Problem to solve: If a line in the entries includes "rising", show that line.

Stored data entries
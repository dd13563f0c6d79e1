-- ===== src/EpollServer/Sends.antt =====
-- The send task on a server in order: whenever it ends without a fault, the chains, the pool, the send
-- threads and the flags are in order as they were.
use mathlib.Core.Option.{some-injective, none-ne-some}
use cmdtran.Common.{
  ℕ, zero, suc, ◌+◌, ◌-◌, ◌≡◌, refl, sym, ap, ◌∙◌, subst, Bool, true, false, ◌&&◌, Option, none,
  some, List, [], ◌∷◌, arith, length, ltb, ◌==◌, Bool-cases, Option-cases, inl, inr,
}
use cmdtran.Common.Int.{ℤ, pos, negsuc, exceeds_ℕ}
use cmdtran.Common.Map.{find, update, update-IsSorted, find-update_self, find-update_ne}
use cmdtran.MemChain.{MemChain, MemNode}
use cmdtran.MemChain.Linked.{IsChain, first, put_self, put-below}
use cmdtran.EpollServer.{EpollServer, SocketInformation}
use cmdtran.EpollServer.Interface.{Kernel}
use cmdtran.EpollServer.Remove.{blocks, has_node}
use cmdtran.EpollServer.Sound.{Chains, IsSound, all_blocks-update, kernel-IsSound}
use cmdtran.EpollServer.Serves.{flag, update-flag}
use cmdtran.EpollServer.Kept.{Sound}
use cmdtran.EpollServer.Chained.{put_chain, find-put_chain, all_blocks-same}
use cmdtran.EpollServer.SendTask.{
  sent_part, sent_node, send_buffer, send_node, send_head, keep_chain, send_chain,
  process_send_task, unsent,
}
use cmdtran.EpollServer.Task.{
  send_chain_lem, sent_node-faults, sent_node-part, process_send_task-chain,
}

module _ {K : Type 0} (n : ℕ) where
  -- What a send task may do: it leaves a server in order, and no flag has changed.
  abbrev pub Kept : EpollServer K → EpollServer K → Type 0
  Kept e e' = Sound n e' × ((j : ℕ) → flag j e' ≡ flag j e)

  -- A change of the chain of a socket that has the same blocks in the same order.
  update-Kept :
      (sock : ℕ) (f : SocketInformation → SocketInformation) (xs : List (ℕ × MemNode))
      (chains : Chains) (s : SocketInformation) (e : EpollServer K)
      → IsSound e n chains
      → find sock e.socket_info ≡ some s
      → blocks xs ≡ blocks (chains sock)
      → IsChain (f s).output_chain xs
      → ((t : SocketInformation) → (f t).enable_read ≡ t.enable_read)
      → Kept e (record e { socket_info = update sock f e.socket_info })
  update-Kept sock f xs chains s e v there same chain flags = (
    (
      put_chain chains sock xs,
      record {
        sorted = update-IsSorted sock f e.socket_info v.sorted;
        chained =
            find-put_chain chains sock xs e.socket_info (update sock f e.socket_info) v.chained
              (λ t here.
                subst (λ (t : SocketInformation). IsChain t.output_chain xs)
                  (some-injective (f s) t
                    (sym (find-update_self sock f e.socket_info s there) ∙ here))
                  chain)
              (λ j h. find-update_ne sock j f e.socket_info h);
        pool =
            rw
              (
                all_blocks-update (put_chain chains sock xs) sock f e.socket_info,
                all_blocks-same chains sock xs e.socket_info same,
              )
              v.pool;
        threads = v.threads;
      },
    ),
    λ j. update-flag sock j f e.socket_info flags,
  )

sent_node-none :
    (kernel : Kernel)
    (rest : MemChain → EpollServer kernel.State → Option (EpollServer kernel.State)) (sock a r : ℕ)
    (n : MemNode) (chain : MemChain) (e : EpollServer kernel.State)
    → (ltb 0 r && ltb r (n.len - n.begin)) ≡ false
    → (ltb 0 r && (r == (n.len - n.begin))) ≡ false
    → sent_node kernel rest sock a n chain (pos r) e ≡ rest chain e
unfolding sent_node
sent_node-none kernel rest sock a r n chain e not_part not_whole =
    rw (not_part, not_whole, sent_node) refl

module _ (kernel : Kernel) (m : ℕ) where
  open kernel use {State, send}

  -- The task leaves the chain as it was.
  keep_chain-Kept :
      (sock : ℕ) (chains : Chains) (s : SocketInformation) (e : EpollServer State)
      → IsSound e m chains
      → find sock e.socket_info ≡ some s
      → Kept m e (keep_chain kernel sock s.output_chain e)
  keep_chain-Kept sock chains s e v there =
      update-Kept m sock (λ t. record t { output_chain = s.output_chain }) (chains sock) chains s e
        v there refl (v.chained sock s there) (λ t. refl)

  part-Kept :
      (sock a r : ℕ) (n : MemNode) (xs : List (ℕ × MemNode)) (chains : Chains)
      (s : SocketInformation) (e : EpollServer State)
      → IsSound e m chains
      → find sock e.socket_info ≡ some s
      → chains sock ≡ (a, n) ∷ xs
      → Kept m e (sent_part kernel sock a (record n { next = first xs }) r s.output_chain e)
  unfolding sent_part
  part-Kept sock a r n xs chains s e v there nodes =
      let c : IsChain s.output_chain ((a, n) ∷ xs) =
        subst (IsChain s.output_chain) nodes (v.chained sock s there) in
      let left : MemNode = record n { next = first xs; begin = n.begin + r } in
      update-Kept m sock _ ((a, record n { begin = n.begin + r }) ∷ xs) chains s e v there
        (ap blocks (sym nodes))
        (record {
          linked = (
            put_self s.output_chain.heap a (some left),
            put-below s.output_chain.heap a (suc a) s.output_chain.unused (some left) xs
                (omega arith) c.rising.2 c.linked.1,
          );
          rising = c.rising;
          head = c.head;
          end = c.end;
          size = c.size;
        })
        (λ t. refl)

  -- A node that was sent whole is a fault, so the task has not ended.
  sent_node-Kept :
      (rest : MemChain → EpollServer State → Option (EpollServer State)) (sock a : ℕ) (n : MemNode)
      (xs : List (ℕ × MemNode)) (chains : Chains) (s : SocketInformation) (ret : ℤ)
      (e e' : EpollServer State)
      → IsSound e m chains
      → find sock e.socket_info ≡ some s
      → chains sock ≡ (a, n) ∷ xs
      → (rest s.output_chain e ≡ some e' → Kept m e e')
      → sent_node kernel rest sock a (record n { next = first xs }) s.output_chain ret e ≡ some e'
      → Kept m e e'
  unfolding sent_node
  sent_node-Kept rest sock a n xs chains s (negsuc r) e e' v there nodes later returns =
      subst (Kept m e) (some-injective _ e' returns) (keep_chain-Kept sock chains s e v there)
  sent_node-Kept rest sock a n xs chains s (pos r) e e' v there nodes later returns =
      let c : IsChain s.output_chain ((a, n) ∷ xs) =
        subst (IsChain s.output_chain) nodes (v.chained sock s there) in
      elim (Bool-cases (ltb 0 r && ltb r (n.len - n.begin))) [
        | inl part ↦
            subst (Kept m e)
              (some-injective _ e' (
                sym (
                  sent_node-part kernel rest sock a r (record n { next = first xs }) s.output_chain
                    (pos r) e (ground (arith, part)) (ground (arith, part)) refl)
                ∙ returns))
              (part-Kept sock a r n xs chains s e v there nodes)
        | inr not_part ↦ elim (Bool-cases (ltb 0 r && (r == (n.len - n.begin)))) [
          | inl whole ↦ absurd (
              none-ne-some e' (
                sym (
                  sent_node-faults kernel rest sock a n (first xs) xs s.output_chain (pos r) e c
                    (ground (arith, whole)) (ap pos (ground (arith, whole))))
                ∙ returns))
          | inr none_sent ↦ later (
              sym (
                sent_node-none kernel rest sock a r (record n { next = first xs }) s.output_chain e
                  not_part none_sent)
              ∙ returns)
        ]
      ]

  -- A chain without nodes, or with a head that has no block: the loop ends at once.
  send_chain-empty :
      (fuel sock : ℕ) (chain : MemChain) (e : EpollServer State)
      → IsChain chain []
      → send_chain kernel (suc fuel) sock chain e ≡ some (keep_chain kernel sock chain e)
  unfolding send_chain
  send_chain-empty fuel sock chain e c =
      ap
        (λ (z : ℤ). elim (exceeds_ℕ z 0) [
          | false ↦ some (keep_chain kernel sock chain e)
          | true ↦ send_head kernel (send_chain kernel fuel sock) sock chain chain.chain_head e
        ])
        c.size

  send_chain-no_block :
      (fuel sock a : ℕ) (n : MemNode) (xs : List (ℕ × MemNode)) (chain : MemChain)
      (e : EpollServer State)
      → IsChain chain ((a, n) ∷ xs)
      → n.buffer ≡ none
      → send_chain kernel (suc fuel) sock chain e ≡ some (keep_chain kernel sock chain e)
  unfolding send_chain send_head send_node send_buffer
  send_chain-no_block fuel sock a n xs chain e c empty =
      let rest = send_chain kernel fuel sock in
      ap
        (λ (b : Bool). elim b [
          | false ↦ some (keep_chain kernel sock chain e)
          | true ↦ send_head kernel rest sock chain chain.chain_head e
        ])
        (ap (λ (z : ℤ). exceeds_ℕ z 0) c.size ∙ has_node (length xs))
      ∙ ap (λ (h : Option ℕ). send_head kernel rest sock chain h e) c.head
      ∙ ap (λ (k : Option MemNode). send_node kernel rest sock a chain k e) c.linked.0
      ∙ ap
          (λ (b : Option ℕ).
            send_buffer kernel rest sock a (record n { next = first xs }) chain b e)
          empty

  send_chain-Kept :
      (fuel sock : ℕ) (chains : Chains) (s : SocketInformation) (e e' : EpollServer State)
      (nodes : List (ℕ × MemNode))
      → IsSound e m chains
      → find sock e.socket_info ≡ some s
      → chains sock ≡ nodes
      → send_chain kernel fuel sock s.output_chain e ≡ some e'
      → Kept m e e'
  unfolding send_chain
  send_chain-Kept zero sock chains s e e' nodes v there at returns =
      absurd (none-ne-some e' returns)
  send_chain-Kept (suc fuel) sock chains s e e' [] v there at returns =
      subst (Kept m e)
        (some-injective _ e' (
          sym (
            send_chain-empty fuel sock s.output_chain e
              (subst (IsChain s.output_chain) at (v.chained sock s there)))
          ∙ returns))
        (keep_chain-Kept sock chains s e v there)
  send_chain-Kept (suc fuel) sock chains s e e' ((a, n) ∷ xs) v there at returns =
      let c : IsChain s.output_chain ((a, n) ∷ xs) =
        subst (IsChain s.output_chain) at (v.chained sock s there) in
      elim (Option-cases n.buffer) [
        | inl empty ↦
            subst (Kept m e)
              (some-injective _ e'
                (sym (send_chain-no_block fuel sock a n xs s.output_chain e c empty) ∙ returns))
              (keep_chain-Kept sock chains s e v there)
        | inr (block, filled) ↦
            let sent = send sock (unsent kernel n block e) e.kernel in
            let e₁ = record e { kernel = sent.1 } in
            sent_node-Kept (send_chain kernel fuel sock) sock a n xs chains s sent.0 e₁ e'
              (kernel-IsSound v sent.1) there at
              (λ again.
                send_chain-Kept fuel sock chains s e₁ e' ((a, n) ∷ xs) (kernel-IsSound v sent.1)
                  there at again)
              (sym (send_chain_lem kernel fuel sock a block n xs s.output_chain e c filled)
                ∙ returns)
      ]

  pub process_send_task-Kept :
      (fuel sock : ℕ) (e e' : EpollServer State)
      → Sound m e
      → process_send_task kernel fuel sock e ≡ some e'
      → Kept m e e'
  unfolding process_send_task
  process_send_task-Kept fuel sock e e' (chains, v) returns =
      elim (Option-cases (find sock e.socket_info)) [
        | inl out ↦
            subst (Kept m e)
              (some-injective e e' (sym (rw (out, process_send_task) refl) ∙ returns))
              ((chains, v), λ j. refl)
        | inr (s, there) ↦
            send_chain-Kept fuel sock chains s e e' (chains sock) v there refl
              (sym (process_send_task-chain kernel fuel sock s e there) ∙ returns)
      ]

Response to this task:
                (omega arith) c.rising.2 c.linked.1,
          rising = c.rising;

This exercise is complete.